▸ **Assigned task**
Your task is to find every line of the data that holds the string "record" and copy it.

----- Dataset extract -----

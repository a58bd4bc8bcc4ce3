-- ===== src/Nanopb/Flat/Loop.antt =====
-- The loop of pb_decode_noinit of Kasei/Pods/nanopb/pb_decode.c over the bytes of a message of single
-- values.
use mathlib.Core.Path.{subst}
use mathlib.Core.Bool.{true≢false}
use kaseiapp.Base.{
  ℕ, zero, suc, ◌+◌, ◌-◌, ◌*◌, ◌≤◌, ◌<◌, ◌≡◌, refl, sym, ap, ◌∙◌, arith, Bool, true, false, List,
  [], ◌++◌, append_assoc, length, length-append, ◌==◌, if◌then◌else◌, IsByte, Bool-cases, inl, inr,
}
use kaseiapp.Base.Memory.{Memory, bytes_at, store_bytes}
use kaseiapp.Nanopb.Pb.{FieldInfo, Htype, required, optional, repeated, oneof}
use kaseiapp.Nanopb.Istream.{Istream, buf_read}
use kaseiapp.Nanopb.Istream.Reads.{
  input, consume, consume-add, consume-zero, input-consume, length-input, enough,
}
use kaseiapp.Nanopb.Read.Scalars.{pb_decode_tag-tag_bytes}
use kaseiapp.Nanopb.Write.Varint.{length-base128_pos}
use kaseiapp.Nanopb.Write.Scalars.{tag_bytes}
use kaseiapp.Nanopb.Fields.{Fields, last, field, Ptr, is_required, data_after, size_after}
use kaseiapp.Nanopb.Fields.Find.{has_field, iter_of}
use kaseiapp.Nanopb.Store.{Store, good, Step, User}
use kaseiapp.Nanopb.Required.{mark_seen, has_tag}
use kaseiapp.Nanopb.Progress.{Progress, finish_message}
use kaseiapp.Nanopb.Decode.{Nested, after_tag, after_find, decode_loop}
use kaseiapp.Nanopb.Flat.Values.{IsValue, value_size, scalar_bytes}
use kaseiapp.Nanopb.Flat.Messages.{
  IsScalar, AllScalars, AllValues, is_sent, scalar_wire_type, scalar-wire_type-lt, field_bytes,
  flat_bytes, restored,
}
use kaseiapp.Nanopb.Flat.Seek.{index_after}
use kaseiapp.Nanopb.Flat.Step.{known-step}
use kaseiapp.Nanopb.Flat.Seen.{SeenTo, finish-good}
use kaseiapp.Nanopb.Flat.Ready.{same_after, Ready, located, left_out, taken}

field_bytes_pos : (mem : Memory) (info : FieldInfo) (p : ℕ) → 0 < length (field_bytes mem info p)
field_bytes_pos mem info p = omega (
  arith,
  length-append (tag_bytes (scalar_wire_type info.ltype) info.tag)
      (scalar_bytes mem info.ltype info.data_size p),
  length-base128_pos 9 (info.tag * 8 + scalar_wire_type info.ltype),
)

-- An optional field only is left out.
free :
    (mem : Memory) (info : FieldInfo) (p : ℕ) (rule : Htype)
    → is_sent mem info p rule ≡ false
    → is_required rule ≡ false
free mem info p required e = absurd (true≢false e)
free mem info p optional e = refl
free mem info p repeated e = refl
free mem info p oneof e = refl

loop_end :
    (user : User) (nested : ℕ → Nested) (rounds : ℕ) (pr : Progress) (s : Istream) (st : Store)
    → s.bytes_left ≡ 0
    → decode_loop user nested rounds pr s st ≡ finish_message pr s st
unfolding decode_loop
loop_end user nested zero pr s st e = rw e refl
loop_end user nested (suc rounds) pr s st e = rw e refl

module _ (fields : Fields) (dest : ℕ) where
  module _ (user : User) (nested : ℕ → Nested) (mem : Memory)
      (is_memory : (a : ℕ) → IsByte (mem a)) where
    -- One round of the loop decodes one field.
    sent-step :
        (info : FieldInfo) (ptr : Ptr) (rest : Fields) (p index q z rounds : ℕ) (pr : Progress)
        (s : Istream) (st : Store) (more : List ℕ)
        → IsScalar info
        → IsValue mem info.ltype info.data_size p
        → has_field info.tag rest ≡ false
        → Ready fields dest (field info ptr rest) index q z pr
        → z ≡ q
        → s.callback ≡ buf_read
        → input s ≡ field_bytes mem info p ++ more
        → let it = iter_of fields (field info ptr rest) index dest q z in
          decode_loop user nested (suc rounds) pr s st
          ≡ decode_loop user nested rounds
              (record pr { iter = it; fields_seen = mark_seen it pr.fields_seen })
              (consume s (length (field_bytes mem info p)))
              (record st {
                mem =
                    store_bytes st.mem q
                      (bytes_at mem p (value_size mem info.ltype info.data_size p));
              })
    unfolding decode_loop
    sent-step info ptr rest p index q z rounds pr s st more scalar valid other ready same buf e =
        rw nonempty (
          ap (λ r. after_tag user nested r pr k st)
            (pb_decode_tag-tag_bytes wt info.tag s (value ++ more) (scalar-wire_type-lt info.ltype)
              scalar.tag_pos scalar.tag_bound buf e')
          ∙ ap (λ r. after_find user nested info.tag wt r pr k s1 st)
              (located fields dest scalar other ready)
          ∙ known-step user mem is_memory fields dest info ptr rest scalar p index q z same valid
              nested wt pr k s1 st more buf (input-consume s tag (value ++ more) e')
          ∙ ap
              (λ (t : Istream).
                k
                  (record pr {
                    iter = iter_of fields (field info ptr rest) index dest q z;
                    fields_seen =
                        mark_seen (iter_of fields (field info ptr rest) index dest q z)
                          pr.fields_seen;
                  })
                  t
                  (record st {
                    mem =
                        store_bytes st.mem q
                          (bytes_at mem p (value_size mem info.ltype info.data_size p));
                  }))
              joined)
      where
        wt : ℕ
        wt = scalar_wire_type info.ltype

        tag : List ℕ
        tag = tag_bytes wt info.tag

        value : List ℕ
        value = scalar_bytes mem info.ltype info.data_size p

        k : Progress → Step
        k = decode_loop user nested rounds

        s1 : Istream
        s1 = consume s (length tag)

        e' : input s ≡ tag ++ (value ++ more)
        e' = e ∙ append_assoc tag value more

        nonempty : (s.bytes_left == 0) ≡ false
        nonempty = ground (
          arith,
          length-input s,
          ap length e',
          length-append tag (value ++ more),
          length-base128_pos 9 (info.tag * 8 + wt),
        )

        joined : consume s1 (length value) ≡ consume s (length (tag ++ value))
        joined =
            consume-add s (length tag) (length value)
            ∙ ap (consume s) (sym (length-append tag value))

    -- The loop decodes the fields that are left, and the checks behind it pass.
    pub flat-loop :
        (cur : Fields) (rounds p index q z : ℕ) (pr : Progress) (s : Istream) (st : Store)
        → has_tag fields ≡ true
        → AllScalars cur
        → AllValues mem cur p
        → Ready fields dest cur index q z pr
        → z ≡ q
        → s.callback ≡ buf_read
        → input s ≡ flat_bytes mem cur p
        → s.bytes_left ≤ rounds
        → decode_loop user nested rounds pr s st ≡ (
          good,
          consume s (length (flat_bytes mem cur p)),
          record st { mem = restored mem cur p q st.mem },
        )
    flat-loop last rounds p index q z pr s st tagged all values ready same buf e le =
        loop_end user nested rounds pr s st (omega (arith, length-input s, ap length e))
        ∙ finish-good fields pr s st tagged ready.no_count ready.indexed
            (subst (λ (n : ℕ). SeenTo n pr.fields_seen) (omega (arith, ready.total)) ready.seen)
        ∙ λ i. (good, sym (consume-zero s) i, st)
    flat-loop (field info ptr rest) rounds p index q z pr s st tagged
          (scalar, no_default, other, all) (valid, values) ready same buf e le =
        elim (Bool-cases (is_sent mem info p info.htype)) [
          | inl sent ↦
              let bs = field_bytes mem info p in
              let more = flat_bytes mem rest (data_after info rest p) in
              let e' : input s ≡ bs ++ more =
                e ∙ ap (λ (b : Bool). (if b then bs else []) ++ more) sent in
              let st' = record st {
                mem =
                    store_bytes st.mem q
                      (bytes_at mem p (value_size mem info.ltype info.data_size p));
              } in
              rw sent (
                ap (λ (n : ℕ). decode_loop user nested n pr s st)
                  (omega (arith, le, enough s bs more e', field_bytes_pos mem info p))
                ∙ sent-step info ptr rest p index q z (rounds - 1) pr s st more scalar valid other
                    ready same buf e'
                ∙ flat-loop rest (rounds - 1) (data_after info rest p) (index_after info rest index)
                    (data_after info rest q) (size_after info rest q z) _ (consume s (length bs))
                    st' tagged all values (taken fields dest scalar other ready)
                    (same_after info rest q z scalar all same) buf (input-consume s bs more e')
                    (omega (arith, le, enough s bs more e', field_bytes_pos mem info p))
                ∙ λ i. (
                  good,
                  (consume-add s (length bs) (length more)
                        ∙ ap (consume s) (sym (length-append bs more)))
                      i,
                  record st {
                    mem =
                        restored mem rest (data_after info rest p) (data_after info rest q) st'.mem;
                  },
                ))
          | inr unsent ↦
              let more = flat_bytes mem rest (data_after info rest p) in
              rw unsent (
                flat-loop rest rounds (data_after info rest p) (index_after info rest index)
                  (data_after info rest q) (size_after info rest q z) pr s st tagged all values
                  (left_out fields dest scalar other ready (free mem info p info.htype unsent))
                  (same_after info rest q z scalar all same) buf
                  (e ∙ ap (λ (b : Bool). (if b then field_bytes mem info p else []) ++ more) unsent)
                  le)
        ]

-----

▸ **Task solution**
              (record pr { iter = it; fields_seen = mark_seen it pr.fields_seen })
              (record st {
                  (record pr {
                  (record st {
          record st { mem = restored mem cur p q st.mem },
              let st' = record st {
                  record st {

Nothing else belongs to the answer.